You can set the following parameters:

  • How many word forms should each segment have (500-5000 may be reasonable)
  • Which POS should be selected? "all" selects all, "Xy" will select words corresponding to Xy POS tag.
  • Which partitions of the data should be contrasted? Indicate the category and the two contrasting labels.
  • If you use ["random", "one", "two"] as the value for the contrast parameter, the partitions will be built randomly, splitting the collection in equal-sized parts. This is interesting if you want to see how strong your zeta scores really are relative to a random partitioning. (Expanding on this principle, with repeated random measures, is a basis for creating some sort of confidence interval for zeta scores.)

Where can more background readings about Zeta be found?

For more information on Zeta, see:

  • Burrows, John. „All the Way Through: Testing for Authorship in Different Frequency Strata“. Literary and Linguistic Computing 22, Nr. 1 (2007): 27–47. doi:10.1093/llc/fqi067.
  • Hoover, David L. „Teasing out Authorship and Style with T-Tests and Zeta“. In Digital Humanities Conference. London, 2010. http://dh2010.cch.kcl.ac.uk/academic-programme/abstracts/papers/html/ab-658.html.
  • Schöch, Christof. „Genre Analysis“. In Digital Humanities for Literary Studies: Theories, Methods, and Practices, ed. by James O’Sullivan. University Park: Pennsylvania State Univ. Press, 2017 (to appear).
  • Christof Schöch: "Zeta für die kontrastive Analyse literarischer Texte. Theorie, Implementierung, Fallstudie", in: Quantitative Verfahren in der Literaturwissenschaft. Von einer Scientia Quantitatis zu den Digital Humanities, ed. Andrea Albrecht, Sandra Richter, Marcel Lepper, Marcus Willand und Toni Bernhart, Berlin: de Gruyter (to appear).

When using pyzeta for research, how can it be references?

You can either cite the software itself, using the citation suggestion below, or cite the current reference article (ahem, unpublished and in German).
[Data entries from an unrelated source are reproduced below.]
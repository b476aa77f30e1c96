-- ===== src/Execute.antt =====
-- crates/musts-core/src/run.rs: `musts run`, which executes the command of a task and submits its output.
-- The process, the lock that is given up for it, and the log file are parameters.
pub mod Allowed
mod Examples
use musts.Base.{
  ℕ, Bool, true, false, not, ◌&&◌, ◌||◌, Option, none, some, List, [], ◌∷◌, ◌++◌, if◌then◌else◌,
  leb,
}
use musts.Base.Order.{◌==◌, nat_ord, list_ord}
use musts.Base.Int.{ℤ}
use musts.Base.Text.{Text, text, join, ends_with_byte, from_utf8_lossy}
use musts.Base.Lists.{is_empty, any}
use musts.Base.Result.{Error, Result, ok, err}
use musts.Base.Result.Error.{db, task_not_found}
use musts.Protocol.{Task}
use musts.Ledger.{decimal}
use musts.Database.{StoredTask, fetch_task}
use musts.Extension.{ExtensionDescriptor, BuiltinCapability, lookup}
use musts.Session.{Session, Exec, pure, lift, ok_or, ◌>>=◌, ◌>>◌, continue}
use musts.Evidence.{Env, SubmissionInputs, EvidenceSubmissionResult, submit}
use musts.Bazel.Problem.{no_tests_is_vacuous}
use musts.Builtin.{em_dash, ellipsis}

pub data RunOutcome : Type 0 where
  not_runnable : Text → RunOutcome
  failed : Text → Option ℤ → Text → Text → RunOutcome
  recorded : Text → EvidenceSubmissionResult → RunOutcome

-- what `Command::output` gives: the two streams and the code, or the words of an error
pub data Output : Type 0 where
  exited : Text → Text → Option ℤ → Output
  not_spawned : Text → Output

-- `before` is the environment up to the process, `meanwhile` is what other processes do to the state while
-- the lock is not held, `relock` takes it back, and `after` is the environment once a log is written.
pub record RunEnv : Type 0 where
  pub before : Env
  pub output : List Text → Output
  pub meanwhile : Session → Session
  pub relock : Result (Unit {0})
  pub write_log : Text → Text → Result (Unit {0})
  pub after : Text → Text → Env
  pub in_temp_dir : Text → Text
  pub process_id : ℕ

-- `task.command.filter(|c| !c.is_empty())`
unfoldable pub runnable : Option (List Text) → Option (List Text)
runnable none = none
runnable (some []) = none
runnable (some (program ∷ args)) = some (program ∷ args)

unfoldable pub is_overridden : List ExtensionDescriptor → Text → Bool
unfolding any list_ord
is_overridden descriptors uses =
    any (λ (d : ExtensionDescriptor). any (λ c. c.1.uses == uses) d.capabilities) descriptors

-- the standard output, and the standard error from a new line on
unfoldable pub combine : Text → Text → Text
unfolding ends_with_byte
combine out error =
    if is_empty error
    then out
    else if is_empty out || ends_with_byte 10 out
    then out ++ error
    else out ++ 10 ∷ error

unfoldable pub combined_of : Text → Output → Text
unfolding combine from_utf8_lossy text
combined_of program (Output.exited out error code) =
    combine (from_utf8_lossy out) (from_utf8_lossy error)
combined_of program (Output.not_spawned error) =
    text "failed to spawn `" ++ program ++ text "`: " ++ error

unfoldable pub code_of : Output → Option ℤ
code_of (Output.exited out error code) = code
code_of (Output.not_spawned error) = none

unfoldable pub was_spawned : Output → Bool
was_spawned (Output.exited out error code) = true
was_spawned (Output.not_spawned error) = false

unfoldable pub is_zero : Option ℤ → Bool
is_zero (some (ℤ.pos n)) = n == 0
is_zero _ = false

-- `succeeded`
unfoldable pub succeeded : Text → List Text → Output → Bool
unfolding was_spawned is_zero code_of no_tests_is_vacuous text list_ord
succeeded capability argv out =
    was_spawned out
    && (is_zero (code_of out)
        || (capability == text "bazel/test" && no_tests_is_vacuous argv (code_of out)))

-- A character that is no ASCII letter or digit becomes 45; of those with several bytes, the first counts.
unfoldable pub slug_bytes : Text → Text
slug_bytes [] = []
slug_bytes (c ∷ s) =
    let rest = slug_bytes s in
    if (leb 48 c && leb c 57) || (leb 65 c && leb c 90) || (leb 97 c && leb c 122)
    then c ∷ rest
    else if leb 0x80 c && leb c 0xbf
    then rest
    else 45 ∷ rest

-- `temp_log_path`
unfoldable pub temp_log_path : RunEnv → Text → Text
unfolding slug_bytes text decimal
temp_log_path env task_id =
    env.in_temp_dir
      (text "musts-run-" ++ slug_bytes task_id ++ text "-" ++ decimal env.process_id ++ text ".log")

abbrev pub first_of : List Text → Text
first_of [] = []
first_of (program ∷ args) = program

unfoldable pub no_command : Text → Text
unfolding text
no_command task_id =
    text "task `"
    ++ task_id
    ++ text "` has no runnable command "
    ++ em_dash
    ++ text
        " it needs agent-produced evidence. Do the validation and submit it with `musts evidence "
    ++ task_id
    ++ text " "
    ++ ellipsis
    ++ text "`."

unfoldable pub not_builtin : Text → Text
unfolding text
not_builtin capability =
    text "`musts run` only executes built-in deterministic checks (cargo/*, bazel/build); `"
    ++ capability
    ++ text "` is not one. Use `musts evidence`."

unfoldable pub overridden : Text → Text
unfolding text
overridden capability =
    text "capability `"
    ++ capability
    ++ text
        "` is provided by an installed extension, so `musts run` will not execute it. Validate it yourself and use `musts evidence`."

unfoldable pub inputs_of : Text → Text → Text → SubmissionInputs
unfolding text
inputs_of task_id display log_path = record {
  task_id = task_id;
  text = some (text "`" ++ display ++ text "` exited 0 (executed by `musts run`).");
  asset_paths = log_path ∷ [];
}

-- what the process gave, where the lock could be taken back
abbrev pub once_locked : Result (Unit {0}) → Output → Result Output
once_locked (err e) out = err e
once_locked (ok _) out = ok out

module _ (env : RunEnv) (task_id : Text) where
  -- `session.unlocked(...)`
  abbrev pub unlocked : List Text → Exec Output
  unlocked argv s = (once_locked env.relock (env.output argv), env.meanwhile s)

  unfoldable pub submit_log : Text → Text → Text → Exec RunOutcome
  unfolding submit inputs_of
  submit_log display log_path log_body = do
    result ← submit (env.after log_path log_body) (inputs_of task_id display log_path)
    pure (RunOutcome.recorded display result)

  unfoldable pub conclude_run : Bool → Text → Option ℤ → Text → Text → Exec RunOutcome
  unfolding submit_log
  conclude_run true display code log_path log_body = submit_log display log_path log_body
  conclude_run false display code log_path log_body =
      pure (RunOutcome.failed display code log_body log_path)

  -- `log_body`
  unfoldable pub log_body_of : List Text → Output → Text
  unfolding combined_of text join
  log_body_of argv out = text "$ " ++ join (text " ") argv ++ 10 ∷ combined_of (first_of argv) out

  -- from the process on
  unfoldable pub run_argv : StoredTask → List Text → Exec RunOutcome
  unfolding log_body_of conclude_run succeeded temp_log_path text join
  run_argv stored argv = do
    out ← unlocked argv
    lift (env.write_log (temp_log_path env task_id) (log_body_of argv out))
    conclude_run (succeeded stored.capability argv out) (join (text " ") argv) (code_of out)
        (temp_log_path env task_id) (log_body_of argv out)

  unfoldable pub run_trusted : StoredTask → List Text → Bool → Exec RunOutcome
  unfolding run_argv overridden
  run_trusted stored argv true = pure (RunOutcome.not_runnable (overridden stored.capability))
  run_trusted stored argv false = run_argv stored argv

  unfoldable pub run_known : StoredTask → List Text → Option BuiltinCapability → Exec RunOutcome
  unfolding run_trusted is_overridden not_builtin
  run_known stored argv none = pure (RunOutcome.not_runnable (not_builtin stored.capability))
  run_known stored argv (some capability) = do
    descriptors ← lift env.before.descriptors
    run_trusted stored argv (is_overridden descriptors stored.capability)

  unfoldable pub run_task : StoredTask → Option (List Text) → Exec RunOutcome
  unfolding run_known lookup no_command
  run_task stored none = pure (RunOutcome.not_runnable (no_command task_id))
  run_task stored (some argv) = run_known stored argv (lookup env.before.registry stored.capability)

  unfoldable pub execute : Exec RunOutcome
  unfolding fetch_task runnable run_task
  execute = do
    stored ← λ s. ok_or (fetch_task task_id s.db) (task_not_found task_id) s
    task ← ok_or (env.before.serde.task.decode stored.payload_json) db
    run_task stored (runnable task.command)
  • Christof Schöch. pyzeta. Python implementation of the Zeta score for contrastive text analysis. Release 0.3.0. Würzburg: CLIGS, 2017. https://github.com/cligs/pyzeta
  • Christof Schöch: "Zeta für die kontrastive Analyse literarischer Texte. Theorie, Implementierung, Fallstudie", in: Quantitative Verfahren in der Literaturwissenschaft. Von einer Scientia Quantitatis zu den Digital Humanities, ed. Andrea Albrecht, Sandra Richter, Marcel Lepper, Marcus Willand und Toni Bernhart, Berlin: de Gruyter (to appear).